Coda is a site-specific solo exhibition by interdisciplinary artist Selva Aparicio that focuses on the ephemerality of life and the temporality of its vessels. This is the artist’s first solo show in Los Angeles.
Artist Statement & Bio

Selva Aparicio is an interdisciplinary artist working across installation, sculpture, and performance to create artwork that digs deeper into ideas of memory, death, intimacy and mourning. Born and raised in the woods just outside of Barcelona, Spain, she found solace in nature from a young age and cultivated a profound interest in life and death as inspired by the natural world around her.
Working with nature’s ephemera, including cicada wings, lettuce leaves, oyster shells and human cadavers, her praxis is an extended death ritual which foregrounds a particular reverence for the deceased and discarded. Aparicio’s keen perception of the meanings imbued in these materials and the rituals informing their sentimentality lends a unique perspective to her practice and allows her to present their reimagined forms not as entombments but rather as moments that capture both the donor’s and the artist’s labor to hold space and time for viewers to reckon with life, death, and human objecthood. Themes that have become increasingly complex as her personal and professional experiences more frequently intersect with global issues like climate change, overpopulation, and extinction. Through projects like Transformaciones, Remains, Integumentum, Hysteria, and memorialization efforts following the Barcelona terrorist attack of August 2017, her practice has evolved beyond the individual to encompass environmental, social, and political activism and evoke the change and rebirth she witnesses in nature. She returned to cadaver work this year through a piece titled Hopscotch for the Museum of Contemporary Art; unveiled against the backdrop of pervasive, mainstream death that is the COVID-19 pandemic, her art took on a new significance as a public outlet for the navigation of grief and loss on such a large scale.
Aparicio received her BFA from the School of the Art Institute of Chicago in 2015 and her MFA in sculpture from Yale University in 2017. Her work has been shown internationally in solo and group exhibitions including the Museum of Contemporary Art, Chicago; The International Museum of Surgical Science, Chicago; Yale Center for British Art; Can Mario Museum, Spain; CRUSH Curatorial, New York; Roots & Culture, Chicago; The Kyoto International Craft Center, Japan; Instituto Cervantes, New York; and the Centre de Cultura Contemporanea de Barcelona.
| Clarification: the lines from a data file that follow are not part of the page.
-- ===== src/MmapAlloc/Hybrid.antt =====
-- How `MAllocPg64` holds a block: a heap block below `HUGE_PAGE`, and a whole mapping from there on.
use vec.Base.{
  ℕ, ◌%◌, ◌≡◌, ◌≢◌, inl, inr, refl, ◌∙◌, Bool, true, false, within, arith, if◌then◌else◌,
  Bool-cases,
}
use vec.Build.{Config}
use vec.PageSize.{uses_mmap, mapped_size}
use vec.Machine.{free, paged, Layout, Mem, Sys}
use vec.Machine.Effect.{Paged}
use vec.Allocator.{Holding, Allocated, Resized, Deallocated, Others}
use vec.Alloc64.Heap.{HeapBlock, heap_holding}

-- A live mapping: its bytes are mapped, and it starts on a page of the kernel.
pub record MappedBlock (c : Config) (s : Sys) (m : Mem) (p : ℕ) (l : Layout) : Type 0 where
  pub mapped : Paged m p (mapped_size c l.size)
  pub whole : p % s.page_size ≡ 0

abbrev pub HeldAs : Bool → Type 0 → Type 0 → Type 0
HeldAs true P Q = P
HeldAs false P Q = Q

abbrev pub hybrid : Config → Sys → Holding
hybrid c s = record {
  extent = λ l. if uses_mmap c l.size then mapped_size c l.size else l.size;
  Holds = λ m p l. HeldAs (uses_mmap c l.size) (MappedBlock c s m p l) (HeapBlock m p l);
}

module _ (c : Config) (s : Sys) where
  -- Every byte of a held block is owned.
  pub held-owned :
      (m : Mem) (p : ℕ) (l : Layout) (a : ℕ)
      → (hybrid c s).Holds m p l
      → within p ((hybrid c s).extent l) a ≡ true
      → m.owner a ≢ free
  held-owned m p l a = elim (Bool-cases (uses_mmap c l.size)) [
    | inl on ↦ rw on (λ h g. ground (arith, h.mapped a))
    | inr off ↦ rw off (λ h g. ground (arith, h.bytes_held a))
  ]

  -- A block stays held when its entry and its owners are as before.
  pub still_held :
      (m m1 : Mem) (r : ℕ) (b : Layout)
      → (uses_mmap c b.size ≡ false → m1.block r ≡ m.block r)
      → ((a : ℕ) → within r ((hybrid c s).extent b) a ≡ true → m1.owner a ≡ m.owner a)
      → (hybrid c s).Holds m r b
      → (hybrid c s).Holds m1 r b
  still_held m m1 r b = elim (Bool-cases (uses_mmap c b.size)) [
    | inl on ↦ rw on (λ e o h. record { mapped = λ a g. o a g ∙ h.mapped a g; whole = h.whole })
    | inr off ↦
        rw off
          (λ e o h. record { at = e refl ∙ h.at; bytes_held = λ a g. o a g ∙ h.bytes_held a g })
  ]

  -- By cases on how the block is held.
  pub either :
      (m m1 : Mem) (r : ℕ) (b : Layout)
      → (uses_mmap c b.size ≡ false → HeapBlock m r b → HeapBlock m1 r b)
      → (uses_mmap c b.size ≡ true
          → (a : ℕ) → within r (mapped_size c b.size) a ≡ true
          → m.owner a ≡ paged
          → m1.owner a ≡ paged)
      → (hybrid c s).Holds m r b
      → (hybrid c s).Holds m1 r b
  either m m1 r b = elim (Bool-cases (uses_mmap c b.size)) [
    | inl on ↦
        rw on (λ f g h. record { mapped = λ a i. g refl a i (h.mapped a i); whole = h.whole })
    | inr off ↦ rw off (λ f g h. f refl h)
  ]

  -- A heap block is a block of the hybrid; what the heap keeps, it keeps of mappings too.
  pub hybrid-Allocated :
      {m m1 : Mem} {l : Layout} {p n : ℕ}
      → uses_mmap c l.size ≡ false
      → Allocated heap_holding m m1 l p n
      → Allocated (hybrid c s) m m1 l p n
  hybrid-Allocated {m} {m1} {l} {p} off al = record {
    aligned = al.aligned;
    enough = al.enough;
    within_extent = rw off al.within_extent;
    held = rw off al.held;
    fresh = rw off al.fresh;
    owners = rw off al.owners;
    bytes = al.bytes;
    others = λ r b pos.
        either m m1 r b (λ e h. al.others r b pos h)
          (λ e a i h. ground (arith, al.owners a, al.fresh a));
  }

  hybrid-Others :
      (m m1 : Mem) (l : Layout) (p : ℕ)
      → uses_mmap c l.size ≡ false
      → Others heap_holding m m1 p l
      → ((a : ℕ) → within p l.size a ≡ false → m.owner a ≡ paged → m1.owner a ≡ paged)
      → Others (hybrid c s) m m1 p l
  hybrid-Others m m1 l p off heap page r b pos ne apart =
      either m m1 r b (λ e h. heap r b pos ne (λ a. (rw (e, off) at apart a)) h)
        (λ e a i h. page a ((rw (e, off) at apart a) i) h)

  pub hybrid-Deallocated :
      {m m1 : Mem} {l : Layout} {p : ℕ}
      → uses_mmap c l.size ≡ false
      → Deallocated heap_holding m m1 p l
      → Deallocated (hybrid c s) m m1 p l
  hybrid-Deallocated {m} {m1} {l} {p} off d = record {
    released = rw off d.released;
    owners = rw off d.owners;
    bytes = rw off d.bytes;
    others = hybrid-Others m m1 l p off d.others (λ a h g. d.owners a h ∙ g);
  }

  pub hybrid-Resized :
      {m m1 : Mem} {old new : Layout} {p q n k : ℕ}
      → uses_mmap c old.size ≡ false
      → uses_mmap c new.size ≡ false
      → Resized heap_holding m m1 p old q new n k
      → Resized (hybrid c s) m m1 p old q new n k
  hybrid-Resized {m} {m1} {old} {new} {p} {q} off off' re = record {
    aligned = re.aligned;
    enough = re.enough;
    within_extent = rw off' re.within_extent;
    held = rw off' re.held;
    kept = re.kept;
    released = rw (off, off') re.released;
    owners = rw (off, off') re.owners;
    disjoint = rw (off, off') re.disjoint;
    bytes = rw off re.bytes;
    others =
        hybrid-Others m m1 old p off re.others
          (λ a h g. ground (arith, re.owners a, re.disjoint a));
  }
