-- ===== src/MmapAlloc/Mapping.antt =====
-- Fresh mappings: what `do_mmap` and the hint leave, and the blocks they make.
use vec.Base.{
  ℕ, ◌%◌, ◌≤◌, ◌<◌, ◌≡◌, ◌≢◌, inl, inr, ◌∙◌, Option, none, some, true, false, within, arith, leb,
  ◌==◌, Bool-cases, ◌&&◌, leb→le,
}
use vec.Build.{Config, IsBuilt}
use vec.PageSize.{gigantic_page, uses_mmap, uses_giant_pages, mapped_size}
use vec.PageSize.Laws.{pow-mod-pow, unit, mapped_size-IsRounded, huge_page-bounds}
use vec.Machine.{free, Layout, Mem, Sys, map_failed}
use vec.Machine.Effect.{Unchanged, Mapped, IsSys, Zeros}
use vec.Allocator.{IsLayout, Allocated}
use vec.Alloc64.Heap.{Unchanged-refl}
use vec.MmapAlloc.{do_mmap, hint_thp, flags}
use vec.MmapAlloc.Hybrid.{hybrid, either}
use native.Mathlib.Nat.{mod-eq-zero_of_dvd, dvd_of_mod-eq-zero, dvd_trans}

-- A failed `mmap` has changed nothing.
abbrev pub Got : Mem → (ℕ → Mem → Type 0) → Option ℕ × Mem → Type 0
Got m P (none, m1) = Unchanged m m1
Got m P (some p, m1) = P p m1

pub mod_trans : (n m k : ℕ) → k % m ≡ 0 → m % n ≡ 0 → k % n ≡ 0
mod_trans n m k h g =
    mod-eq-zero_of_dvd n (dvd_trans n (dvd_of_mod-eq-zero n g) (dvd_of_mod-eq-zero m h))

nonzero : (p : ℕ) → 0 < p → (p == 0) ≡ false
nonzero p h = ground arith

module _ {c : Config} (b : IsBuilt c) {s : Sys} (sys : IsSys s) where
  -- A page of the kernel is 64 bytes at least.
  pub page-aligned : (p : ℕ) → p % s.page_size ≡ 0 → p % 64 ≡ 0
  page-aligned p h =
      mod_trans 64 s.page_size p h
        (rw sys.page_is (pow-mod-pow 6 sys.page_bits (omega (arith, sys.page_least))))

  pub mapped-enough :
      (l : Layout)
      → IsLayout l
      → uses_mmap c l.size ≡ true
      → (l.size ≤ mapped_size c l.size) × (0 < l.size)
  unfolding uses_mmap
  mapped-enough l v on =
      let large = leb→le c.huge_page l.size on in
      let pos : 0 < l.size = omega (arith, huge_page-bounds b) in
      ((mapped_size-IsRounded b l.size pos (omega (arith, v.room))).enough, pos)

  -- Where the kernel's page is no larger than the units of `mapped_size`, a mapping is whole pages.
  pub mapped-whole :
      sys.page_bits ≤ b.bits
      → sys.page_bits ≤ 30
      → (l : Layout) → IsLayout l
      → uses_mmap c l.size ≡ true
      → mapped_size c l.size % s.page_size ≡ 0
  mapped-whole small gigantic l v on =
      mod_trans s.page_size (unit c l.size) (mapped_size c l.size)
        ((mapped_size-IsRounded b l.size (mapped-enough l v on).1 (omega (arith, v.room))).whole)
        (elim (Bool-cases (c.giant_pages && leb gigantic_page l.size)) [
          | inl giant ↦ rw (giant, sys.page_is) (pow-mod-pow sys.page_bits 30 gigantic)
          | inr huge ↦ rw (huge, sys.page_is, b.power) (pow-mod-pow sys.page_bits b.bits small)
        ])

  pub do_mmap-Got :
      (original n : ℕ) (m : Mem)
      → s.Ok m
      → 0 < n
      → Got m (λ p m1. Mapped s.page_size m m1 p n × s.Ok m1) (do_mmap c s original n m)
  unfolding do_mmap
  do_mmap-Got original n m ok pos =
      let lem = sys.mmap_lem (flags c s original) n m ok pos in
      elim (Bool-cases ((s.mmap (flags c s original) n m).0 == map_failed)) [
        | inl failed ↦ rw failed (rw failed at lem)
        | inr fine ↦
            let got = (rw fine at lem) in
            rw (fine, nonzero ((s.mmap (flags c s original) n m).0) got.nonnull)
              (got, sys.mmap_ok _ n m ok)
      ]

  pub hint_thp-Unchanged : (p original n : ℕ) (m : Mem) → Unchanged m (hint_thp c s p original n m)
  unfolding hint_thp
  hint_thp-Unchanged p original n m = elim (Bool-cases (uses_giant_pages c original)) [
    | inl giant ↦ rw giant (Unchanged-refl m)
    | inr huge ↦ rw huge (sys.madvise_huge_lem _ _ m)
  ]

  -- A fresh mapping, after a call that changes nothing, is a block.
  pub Mapped-Allocated :
      {m m1 m2 : Mem} (l : Layout) (p : ℕ)
      → IsLayout l
      → uses_mmap c l.size ≡ true
      → Mapped s.page_size m m1 p (mapped_size c l.size)
      → Unchanged m1 m2
      → Allocated (hybrid c s) m m2 l p (mapped_size c l.size) × Zeros m2 p (mapped_size c l.size)
  Mapped-Allocated {m} {m1} {m2} l p v on map un = (
    record {
      aligned = page-aligned p map.aligned;
      enough = (mapped-enough l v on).0;
      within_extent = rw on (omega arith);
      held =
          rw on
            (record { mapped = λ a h. un.owner a ∙ map.took.owner a ∙ rw h; whole = map.aligned });
      fresh = rw on map.took.fresh;
      owners = rw on (λ a h. un.owner a ∙ map.took.owner a ∙ rw h);
      bytes = λ a h. un.byte a (stays a h) ∙ map.took.byte a h;
      others = λ r x pos.
          either c s m m2 r x
            (λ e h. record {
              at = un.block r ∙ map.blocks r ∙ h.at;
              bytes_held = λ a i. same a (ground (arith, h.bytes_held a i)) ∙ h.bytes_held a i;
            })
            (λ e a i h. same a (ground arith) ∙ h);
    },
    λ a h. un.byte a (taken a h) ∙ map.zeros a h,
  )
    where
      stays : (a : ℕ) → m.owner a ≢ free → m1.owner a ≢ free
      stays a h = ground (arith, map.took.owner a, map.took.fresh a)

      same : (a : ℕ) → m.owner a ≢ free → m2.owner a ≡ m.owner a
      same a h = ground (arith, un.owner a, map.took.owner a, map.took.fresh a)

      taken : (a : ℕ) → within p (mapped_size c l.size) a ≡ true → m1.owner a ≢ free
      taken a h = ground (arith, map.took.owner a)
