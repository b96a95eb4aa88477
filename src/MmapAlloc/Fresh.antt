-- ===== src/MmapAlloc/Fresh.antt =====
-- `MAllocPg64::allocate`, `allocate_zeroed` and `deallocate` against the contract of `Allocator`.
use vec.Base.{ℕ, ◌≤◌, ◌<◌, ◌≡◌, inl, inr, ◌∙◌, Option, none, some, true, false, arith, Bool-cases}
use vec.Build.{Config, IsBuilt}
use vec.PageSize.{uses_mmap, mapped_size}
use vec.Machine.{Layout, Mem, Sys}
use vec.Machine.Effect.{Mapped, IsSys, Zeros, Dropped, SameBlocks}
use vec.Allocator.{IsLayout, Call, Ends, Allocated, Deallocated, Completes}
use vec.Alloc64.Heap.{HeapBlock, heap_holding}
use vec.Alloc64.Correct.{allocate-Allocated, allocate_zeroed-Allocated, deallocate-Deallocated}
use vec.MmapAlloc.{
  do_mmap, map_new, hint_fat, allocate, allocate_zeroed, deallocate, heap_alloc, heap_alloc_zeroed,
  heap_dealloc,
}
use vec.MmapAlloc.Hybrid.{MappedBlock, hybrid, either, hybrid-Allocated, hybrid-Deallocated}
use vec.MmapAlloc.Mapping.{
  Got, do_mmap-Got, hint_thp-Unchanged, Mapped-Allocated, mapped-enough, mapped-whole,
}
use vec.Alloc64.{hinted, hint_hugepage}
use vec.Alloc64

-- The heap paths are those of `Alloc64` without the hint.
abbrev pub no_hint : Config
no_hint = record { huge_page = 4096; mmap = true; giant_pages = false; thp = false }

-- A weaker postcondition, for another way to hold blocks.
pub Ends-map :
    (m : Mem) {P Q : ℕ → ℕ → Mem → Type 0} (e : Call)
    → ((p n : ℕ) (m1 : Mem) → P p n m1 → Q p n m1)
    → Ends heap_holding m P e
    → Ends heap_holding m Q e
Ends-map m none f h = h
Ends-map m (some (none, m1)) f h = h
Ends-map m (some (some (p, n), m1)) f h = f p n m1 h

module _ {c : Config} (b : IsBuilt c) {s : Sys} (sys : IsSys s) where
  pub heap_alloc-Allocated :
      (l : Layout) (m : Mem)
      → IsLayout l
      → 0 < l.size
      → s.Ok m
      → Ends heap_holding m (λ p n m1. Allocated heap_holding m m1 l p n) (heap_alloc c s l m)
  unfolding heap_alloc Alloc64.allocate hinted hint_hugepage
  heap_alloc-Allocated l m v pos ok = allocate-Allocated no_hint sys l m v pos ok

  pub map_new-Allocated :
      (l : Layout) (m : Mem)
      → IsLayout l
      → uses_mmap c l.size ≡ true
      → s.Ok m
      → Ends
          (hybrid c s)
          m
          (λ p n m1. Allocated (hybrid c s) m m1 l p n × Zeros m1 p n)
          (map_new c s l m)
  unfolding map_new
  map_new-Allocated l m v on ok =
      let big = mapped-enough b sys l v on in
      go (do_mmap c s l.size (mapped_size c l.size) m)
        (do_mmap-Got b sys l.size (mapped_size c l.size) m ok (omega arith))
    where
      go :
          (o : Option ℕ × Mem)
          → Got m (λ p m1. Mapped s.page_size m m1 p (mapped_size c l.size) × s.Ok m1) o
          → Ends
              (hybrid c s)
              m
              (λ p n m1. Allocated (hybrid c s) m m1 l p n × Zeros m1 p n)
              (hint_fat c s l.size (mapped_size c l.size) o)
      go (none, m1) un = un
      go (some p, m1) (map, _) =
          Mapped-Allocated b sys l p v on map (hint_thp-Unchanged b sys p l.size _ m1)

  -- `MAllocPg64::allocate` does not panic: it succeeds with a block of 64-byte alignment, from the
  -- heap or a mapping by the size, that is at least as large as asked for and that nothing else
  -- uses, or reports `AllocError` and has changed nothing. The layout has a positive size; that the address is a multiple of
  -- an alignment above 64 is not stated.
  pub allocate-hybrid :
      (l : Layout) (m : Mem)
      → IsLayout l
      → 0 < l.size
      → s.Ok m
      → Ends (hybrid c s) m (λ p n m1. Allocated (hybrid c s) m m1 l p n) (allocate c s l m)
  unfolding allocate
  allocate-hybrid l m v pos ok = elim (Bool-cases (uses_mmap c l.size)) [
    | inl on ↦
        rw on (Ends-map m (map_new c s l m) (λ p n m1 h. h.0) (map_new-Allocated l m v on ok))
    | inr off ↦ rw off (
        Ends-map m (heap_alloc c s l m) (λ p n m1 h. hybrid-Allocated c s off h)
          (heap_alloc-Allocated l m v pos ok))
  ]

  heap_alloc_zeroed-Allocated :
      (l : Layout) (m : Mem)
      → IsLayout l
      → 0 < l.size
      → s.Ok m
      → Ends heap_holding m
          (λ p n m1. Allocated heap_holding m m1 l p n × Zeros m1 p n)
          (heap_alloc_zeroed c s l m)
  unfolding heap_alloc_zeroed Alloc64.allocate_zeroed hinted hint_hugepage
  heap_alloc_zeroed-Allocated l m v pos ok = allocate_zeroed-Allocated no_hint sys l m v pos ok

  -- As `allocate`, and every byte of the block is zero, on the mapped path too, where the code
  -- clears nothing. The layout has a positive size.
  pub allocate_zeroed-hybrid :
      (l : Layout) (m : Mem)
      → IsLayout l
      → 0 < l.size
      → s.Ok m
      → Ends
          (hybrid c s)
          m
          (λ p n m1. Allocated (hybrid c s) m m1 l p n × Zeros m1 p n)
          (allocate_zeroed c s l m)
  unfolding allocate_zeroed allocate
  allocate_zeroed-hybrid l m v pos ok = elim (Bool-cases (uses_mmap c l.size)) [
    | inl on ↦ rw on (map_new-Allocated l m v on ok)
    | inr off ↦ rw off (
        Ends-map m (heap_alloc_zeroed c s l m) (λ p n m1 h. (hybrid-Allocated c s off h.0, h.1))
          (heap_alloc_zeroed-Allocated l m v pos ok))
  ]

  heap_dealloc-Deallocated :
      (p : ℕ) (l : Layout) (m : Mem)
      → IsLayout l
      → s.Ok m
      → HeapBlock m p l
      → Completes (λ m1. Deallocated heap_holding m m1 p l) (heap_dealloc c s p l m)
  unfolding heap_dealloc Alloc64.deallocate
  heap_dealloc-Deallocated p l m v ok held = deallocate-Deallocated no_hint sys p l m v ok held

  pub Unmapped-Deallocated :
      {m m1 : Mem} (p : ℕ) (l : Layout)
      → uses_mmap c l.size ≡ true
      → Dropped m m1 p (mapped_size c l.size)
      → SameBlocks m m1
      → Deallocated (hybrid c s) m m1 p l
  Unmapped-Deallocated {m} {m1} p l on gone blocks = record {
    released = rw on (λ a h. gone.owner a ∙ rw h);
    owners = rw on (λ a h. gone.owner a ∙ rw h);
    bytes = rw on gone.byte;
    others = λ r x pos ne apart.
        either c s m m1 r x
          (λ e h. record {
            at = blocks r ∙ h.at;
            bytes_held = λ a i. gone.owner a ∙ rw ((rw (e, on) at apart a) i) (h.bytes_held a i);
          })
          (λ e a i h. gone.owner a ∙ rw ((rw (e, on) at apart a) i) h);
  }

  Completes-map :
      {P Q : Mem → Type 0} (e : Option Mem)
      → ((m1 : Mem) → P m1 → Q m1)
      → Completes P e
      → Completes Q e
  Completes-map none f h = h
  Completes-map (some m1) f h = f m1 h

  -- Where the kernel's page is no larger than `HUGE_PAGE` and 1 GiB, `deallocate` gives back
  -- exactly the bytes that `allocate` took, the rounding to pages included. It does not panic.
  pub deallocate-hybrid :
      (p : ℕ) (l : Layout) (m : Mem)
      → sys.page_bits ≤ b.bits
      → sys.page_bits ≤ 30
      → IsLayout l
      → s.Ok m
      → (hybrid c s).Holds m p l
      → Completes (λ m1. Deallocated (hybrid c s) m m1 p l) (deallocate c s p l m)
  unfolding deallocate
  deallocate-hybrid p l m small gigantic v ok held = elim (Bool-cases (uses_mmap c l.size)) [
    | inl on ↦
        let at : MappedBlock c s m p l = (rw on at held) in
        let (gone, blocks) =
          sys.munmap_lem p (mapped_size c l.size) m ok at.whole
            (mapped-whole b sys small gigantic l v on) at.mapped in
        rw on (Unmapped-Deallocated p l on gone blocks)
    | inr off ↦ rw off (
        Completes-map (heap_dealloc c s p l m) (λ m1 h. hybrid-Deallocated c s off h)
          (heap_dealloc-Deallocated p l m v ok (rw off at held)))
  ]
She was awarded the JUNCTURE Fellowship in Art and International Human Rights in 2016, the Blair Dickinson Memorial Prize in 2017, and received a MAKER Grant from the Chicago Artists Coalition in 2020. She was also named one of the 2020 breakout artists in Chicago by NewCity Art and is a current artist-in-residence at the BOLT studio program, working towards a solo exhibition in February 2022.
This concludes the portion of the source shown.